The class defining the grammar and parser, through methods.

2

The top-level parser, created by building up smaller parsers. The entry method biweekly returns a Parser[Deductions], which is a parser capability of parsing a string for a complete deductions specification. It returns a Deductions object. We’ll discuss the syntax in a moment.

3

Parse a comma-separated list of deductions. Adding the requirement to use a comma simplifies the parser implementation. The repsep method parses an arbitrary number of deduction expressions.

4

Recognize four possible deductions.

5

Call a helper function to construct the four deduction parsers.

6

The helper method for the four deductions.

7

Parse the amount, a double literal followed by dollars or percent. A corresponding Amount instance is constructed.

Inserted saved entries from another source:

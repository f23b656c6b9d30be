-- ===== src/Conn.antt =====
-- A `net.Conn` as the program sees it: the bytes still to arrive and what a read reports after them,
-- the bytes written so far, and the error of a write, if the other side is gone. Deadlines are part
-- of `ending`: a peer that stays silent is a connection whose next read reports `timeout`.
pub mod Reads
use gocloak.Base.{
  ℕ, Bytes, Option, none, some, [], ◌∷◌, ◌++◌, Result, ok, err, length, take, drop, if◌then◌else◌,
  leb,
}

pub data IoError : Type 0 where
  eof unexpected_eof timeout reset : IoError

pub record Conn : Type 0 where
  pub incoming : Bytes
  pub ending : IoError
  pub sent : Bytes
  pub write_error : Option IoError

-- What `io.ReadFull` reports when the stream ends early: a partial read never reports plain EOF.
abbrev pub short_read : Bytes → IoError → IoError
short_read [] e = e
short_read (_ ∷ _) eof = unexpected_eof
short_read (_ ∷ _) e = e

-- `io.ReadFull(r, buf)` with a buffer of `n` bytes.
unfoldable pub read_full : ℕ → Conn → Result IoError (Bytes × Conn)
read_full n c =
    if leb n (length c.incoming)
    then ok (take n c.incoming, record c { incoming = drop n c.incoming })
    else err (short_read c.incoming c.ending)

-- `w.Write(p)`
unfoldable pub write : Bytes → Conn → Result IoError Conn
write p c = elim c.write_error [ none ↦ ok (record c { sent = c.sent ++ p }) | some e ↦ err e ]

Let’s look at biweekly more closely. Here it is rewritten a bit to aid the discussion:

"biweekly" ~> "{" ~> deductions <~ "}" // 1

^^ { ds =>Deductions("Biweekly", 26.0, ds) } // 2

1

Find three terminal tokens, biweekly, {, and }, with the results of evaluating the deductions production between the {…}. The arrow-like operators (actually methods, as always), ~> and <~, mean drop the token on the side of the ~. So the literals are dropped and only the result ofdeductions is retained.

2

The ^^ separates the left side (reduction tokens) from the right side (grammar rule) for the production. The grammar rule takes as arguments the tokens retained. If there is more than one, a partial function literal is used of the form { case t1 ~ t2 ~ t2 => ... }, for example. In our case, ds is a Vector of Deduction instances, which is used to construct a Deductions instance.

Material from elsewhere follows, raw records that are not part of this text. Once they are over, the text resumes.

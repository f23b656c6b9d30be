-- ===== src/Wire.antt =====
-- wire.go: the hello request and response frames.
pub mod Names
pub mod Requests
pub mod Responses
use gocloak.Base.{
  ℕ, suc, ◌+◌, ◌≤◌, ◌%◌, Bool, true, false, not, ◌&&◌, ◌||◌, Bytes, List, [], ◌∷◌, ◌++◌, Result, ok,
  err, ◌>>=◌, ◌>>◌, fail_if, map_err, length, all, if◌then◌else◌, leb, ltb, nat_beq,
}
use gocloak.Conn.{Conn, IoError, read_full, write}

-- `frameVersion`, `maxNameLen`
abbrev pub frame_version : ℕ
frame_version = 0x01

abbrev pub max_name_len : ℕ
max_name_len = 63

-- The two character classes of `nameRE`, ^[a-z0-9][a-z0-9-]{0,62}$.
abbrev pub is_alnum : ℕ → Bool
is_alnum c = (leb b'a' c && leb c b'z') || (leb b'0' c && leb c b'9')

abbrev pub is_name_byte : ℕ → Bool
is_name_byte c = is_alnum c || nat_beq c b'-'

-- `ValidServiceName`
unfoldable pub valid_service_name : Bytes → Bool
valid_service_name [] = false
valid_service_name (c ∷ cs) = is_alnum c && (leb (length cs) 62 && all is_name_byte cs)

-- The reasons that wrap `errMalformedFrame`.
pub data Malformation : Type 0 where
  unsupported_version : ℕ → Malformation
  invalid_name_length : ℕ → Malformation
  short_name : Malformation
  invalid_name : Malformation
  unknown_status : ℕ → Malformation

pub data FrameError : Type 0 where
  io : IoError → FrameError
  malformed : Malformation → FrameError
  refused_name : FrameError
  refused_status : ℕ → FrameError

-- A `status` is a byte.
abbrev pub Status : Type 0
Status = ℕ

abbrev pub status_ok : Status
status_ok = 0x00

abbrev pub status_denied : Status
status_denied = 0x01

abbrev pub status_backend_unavailable : Status
status_backend_unavailable = 0x02

abbrev pub status_rate_limited : Status
status_rate_limited = 0x03

abbrev pub status_malformed : Status
status_malformed = 0x04

-- `validStatus`
unfoldable pub valid_status : Status → Bool
valid_status s =
    nat_beq s status_ok
    || nat_beq s status_denied
    || nat_beq s status_backend_unavailable
    || nat_beq s status_rate_limited
    || nat_beq s status_malformed

-- `writeHelloRequest`
unfoldable pub write_hello_request : Bytes → Conn → Result FrameError Conn
write_hello_request name w = do
  fail_if (not (valid_service_name name)) refused_name
  map_err io (write (frame_version ∷ (length name % 256) ∷ name) w)

-- `readHelloRequest` behind its header, whose bytes are the version and the declared length.
unfoldable pub read_name : ℕ → ℕ → Conn → Result FrameError (Bytes × Conn)
read_name version n r = do
  fail_if (not (nat_beq version frame_version)) (malformed (unsupported_version version))
  fail_if (nat_beq n 0 || ltb max_name_len n) (malformed (invalid_name_length n))
  (name, r') ← map_err (λ _. malformed short_name) (read_full n r)
  fail_if (not (valid_service_name name)) (malformed invalid_name)
  ok (name, r')

-- The two bytes of a header.
abbrev pub with_header {ℓ} : {A : Type ℓ} → (ℕ → ℕ → A) → A → Bytes → A
with_header f none_read (a ∷ b ∷ _) = f a b
with_header f none_read _ = none_read

-- `readHelloRequest`
unfoldable pub read_hello_request : Conn → Result FrameError (Bytes × Conn)
read_hello_request r = do
  (head, r') ← map_err io (read_full 2 r)
  with_header (λ version n. read_name version n r') (err (io r.ending)) head

-- `writeHelloResponse`
unfoldable pub write_hello_response : Status → Conn → Result FrameError Conn
write_hello_response status w = do
  fail_if (not (valid_status status)) (refused_status status)
  map_err io (write (frame_version ∷ status ∷ []) w)

-- `readHelloResponse` behind its two bytes.
unfoldable pub check_response : ℕ → ℕ → Conn → Result FrameError (Status × Conn)
check_response version status r = do
  fail_if (not (nat_beq version frame_version)) (malformed (unsupported_version version))
  fail_if (not (valid_status status)) (malformed (unknown_status status))
  ok (status, r)

-- `readHelloResponse`
unfoldable pub read_hello_response : Conn → Result FrameError (Status × Conn)
read_hello_response r = do
  (frame, r') ← map_err io (read_full 2 r)
  with_header (λ version status. check_response version status r') (err (io r.ending)) frame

Note that DeductionsBuilder in the internal DSL is not needed here. See the test progscala2.dsls.payroll.parsercomb.DSLSpec, which uses ScalaCheck, for exhaustive verification.

Internal Versus External DSLs: Final Thoughts

Let’s compare the internal and external DSLs the user writes. Here is the internal DSL again:

val biweeklyDeductions = biweekly { deduct =>

deduct federal_tax (25.0 percent)

deduct state_tax (5.0 percent)

deduct insurance_premiums (500.0 dollars)

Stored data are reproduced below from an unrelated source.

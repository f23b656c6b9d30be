-- ===== src/Client.antt =====
-- client.go: the checks on a client's configuration, and the hello exchange of a dial.
pub mod Hello
pub mod TunnelIp
pub mod Dialing
pub mod Open
pub mod Exchange
use gocloak.Base.{
  ℕ, Bool, true, false, not, ◌||◌, ◌&&◌, Bytes, List, [], ◌∷◌, Option, none, some, Result, ok, err,
  ◌>>=◌, ◌>>◌, fail_if, map_err, ℤ, pos, is_negative, pos_part, nat_beq, ltb, if◌then◌else◌,
}
use gocloak.Config.Server.{outside}
use gocloak.Config.{
  Parsers, ValueError, tunnel_subnet, server_tunnel_ip, prefix_contains, masked, subnet_broadcast,
  min_mtu, max_mtu, valid_public_key, valid_secret_ref,
}
use gocloak.Conn.{Conn}
use gocloak.Net.{Addr, AddrPort, v4, unmap, is_valid, addr_beq}
use gocloak.Secret.{SecretRef, is_empty}
use gocloak.Wire.{
  Status, FrameError, status_ok, status_denied, status_backend_unavailable, status_rate_limited,
  status_malformed, valid_service_name, write_hello_request, read_hello_response,
}

-- The sentinel errors of a dial, and the rest of what the exchange can return.
pub data DialError : Type 0 where
  invalid_service_name : DialError
  exchange_failed : FrameError → DialError
  denied : DialError
  backend_unavailable : DialError
  rate_limited : DialError
  malformed_request : DialError
  unexpected_status : Status → DialError

-- `statusError`; the service name that the message carries is left out.
unfoldable pub status_error : Status → Result DialError (Unit {0})
status_error status =
    if nat_beq status status_ok
    then ok tt
    else if nat_beq status status_denied
    then err denied
    else if nat_beq status status_backend_unavailable
    then err backend_unavailable
    else if nat_beq status status_rate_limited
    then err rate_limited
    else if nat_beq status status_malformed
    then err malformed_request
    else err (unexpected_status status)

-- `Client.hello` on a connection whose context stays live: the connection that the application gets.
unfoldable pub hello : Bytes → Conn → Result DialError Conn
hello service conn = do
  conn1 ← map_err exchange_failed (write_hello_request service conn)
  (status, conn2) ← map_err exchange_failed (read_hello_response conn1)
  status_error status
  ok conn2

-- What `splitEndpoint` and `resolveEndpoint` call: `net.SplitHostPort`, `strconv.ParseUint(p, 10, 16)`
-- and the name lookup; `none` is an error.
pub record Names : Type 0 where
  pub split_host_port : Bytes → Option (Bytes × Bytes)
  pub parse_port : Bytes → Option ℕ
  pub lookup_ip : Bytes → Option (List Addr)

pub data ClientError : Type 0 where
  endpoint_required : ClientError
  endpoint_shape : ClientError
  endpoint_without_host : ClientError
  endpoint_port : ClientError
  lookup_failed : ClientError
  no_addresses : ClientError
  bad_server_key : ValueError → ClientError
  bad_private_key : ValueError → ClientError
  bad_preshared_key : ValueError → ClientError
  tunnel_ip_required : ClientError
  tunnel_ip_outside : ClientError
  tunnel_ip_of_server : ClientError
  tunnel_ip_no_host : ClientError
  bad_mtu : ℤ → ClientError
  negative_timeout : ClientError

abbrev pub or_error : {A : Type 0} → Option A → ClientError → Result ClientError A
or_error none e = err e
or_error (some a) e = ok a

-- `splitEndpoint`
unfoldable pub split_endpoint : Names → Bytes → Result ClientError (Bytes × ℕ)
split_endpoint names endpoint = do
  fail_if (is_empty endpoint) endpoint_required
  (host, text) ← or_error (names.split_host_port endpoint) endpoint_shape
  fail_if (is_empty host) endpoint_without_host
  port ← or_error (names.parse_port text) endpoint_port
  fail_if (nat_beq port 0) endpoint_port
  ok (host, port)

-- `serviceFromAddr`, the service of `DialContext`.
unfoldable pub service_from_addr : Names → Bytes → Bytes
service_from_addr names addr = elim (names.split_host_port addr) [
  | none ↦ addr
  | some (host, _) ↦ host
]

abbrev first_address : ℕ → List Addr → Result ClientError (AddrPort × Bool)
first_address port [] = err no_addresses
first_address port (ip ∷ _) = ok (record { addr = unmap ip; port = port }, false)

-- `resolveEndpoint`: the address, and whether the host was a literal.
unfoldable pub resolve_endpoint : Parsers → Names → Bytes → ℕ → Result ClientError (AddrPort × Bool)
resolve_endpoint lib names host port = elim (lib.parse_addr host) [
  | some ip ↦ ok (record { addr = unmap ip; port = port }, true)
  | none ↦ or_error (names.lookup_ip host) lookup_failed >>= first_address port
]

-- `clientTunnelIP`
unfoldable pub client_tunnel_ip : Addr → Result ClientError Addr
client_tunnel_ip addr = do
  fail_if (not (is_valid addr)) tunnel_ip_required
  fail_if (not (prefix_contains tunnel_subnet (unmap addr))) tunnel_ip_outside
  fail_if (addr_beq (unmap addr) server_tunnel_ip) tunnel_ip_of_server
  fail_if
      (addr_beq (unmap addr) (v4 (masked tunnel_subnet))
        || addr_beq (unmap addr) (subnet_broadcast tunnel_subnet))
      tunnel_ip_no_host
  ok (unmap addr)

-- `ClientConfig`, less the resolver of secrets; the timeout is in nanoseconds.
pub record ClientConfig : Type 0 where
  pub endpoint : Bytes
  pub server_pub_key : Bytes
  pub private_key : SecretRef
  pub preshared_key : SecretRef
  pub tunnel_ip : Addr
  pub mtu : ℤ
  pub dial_timeout : ℤ

-- What `newClient` takes from a valid configuration.
pub record ClientPlan : Type 0 where
  pub addr : AddrPort
  pub literal : Bool
  pub tunnel_ip : Addr
  pub dial_timeout : ℕ

abbrev pub default_dial_timeout : ℕ
default_dial_timeout = 10_000_000_000

-- `newClient` up to the resolution of the secrets.
unfoldable pub plan_client : Parsers → Names → ClientConfig → Result ClientError ClientPlan
plan_client lib names cfg = do
  (host, port) ← split_endpoint names cfg.endpoint
  map_err bad_server_key (valid_public_key lib cfg.server_pub_key)
  map_err bad_private_key (valid_secret_ref cfg.private_key)
  map_err bad_preshared_key (valid_secret_ref cfg.preshared_key)
  tunnel_ip ← client_tunnel_ip cfg.tunnel_ip
  fail_if
      (not (not (is_negative cfg.mtu) && nat_beq (pos_part cfg.mtu) 0)
        && outside min_mtu max_mtu cfg.mtu)
      (bad_mtu cfg.mtu)
  fail_if (is_negative cfg.dial_timeout) negative_timeout
  (addr, literal) ← resolve_endpoint lib names host port
  ok (record {
    addr = addr;
    literal = literal;
    tunnel_ip = tunnel_ip;
    dial_timeout =
        if nat_beq (pos_part cfg.dial_timeout) 0
        then default_dial_timeout
        else pos_part cfg.dial_timeout;
  })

deduct retirement_savings (10.0 percent)

}

Here is the external DSL again:

val input = """biweekly {

federal tax 20.0 percent,

state tax 3.0 percent,

insurance premiums 250.0 dollars,

retirement savings 15.0 percent

}"""

The external DSL is simpler, but the user must embed the DSL in strings. Hence, code completion, refactoring, color coding, and other IDE features aren’t available.

On the other hand, the external DSL is easier (and actually more fun) to implement. It should have less fragility from reliance on Scala parsing tricks.

You’ll have to weigh which trade-offs make the most sense for your situation. If the DSL is “close-enough” that it can be implemented internally with reasonable effort and robustness, the user experience will generally be better. It’s clearly the best choice for the test libraries mentioned earlier. If the DSL is too far removed from Scala syntax, perhaps because it’s a well-known language, like SQL, using an external DSL with quoted strings is probably best.

Recall that we can implement our own string interpolators (see Build Your Own String Interpolator). This is a useful way to encapsulate a parser built with combinators behind a slightly easier syntax. For example, if you implement a SQL parser of some sort, let the user invoke it withsql"SELECT * FROM table WHERE …;", rather than having to use the parser API calls explicitly like we did.

Recap and What’s Next

It’s tempting to create DSLs with abandon. DSLs in Scala can be quite fun to work with, but don’t underestimate the effort required to create robust DSLs that meet your clients’ usability needs, while at the same time requiring reasonable effort for long-term maintenance and support.

In the next chapter, we’ll explore the Scala tools and and libraries.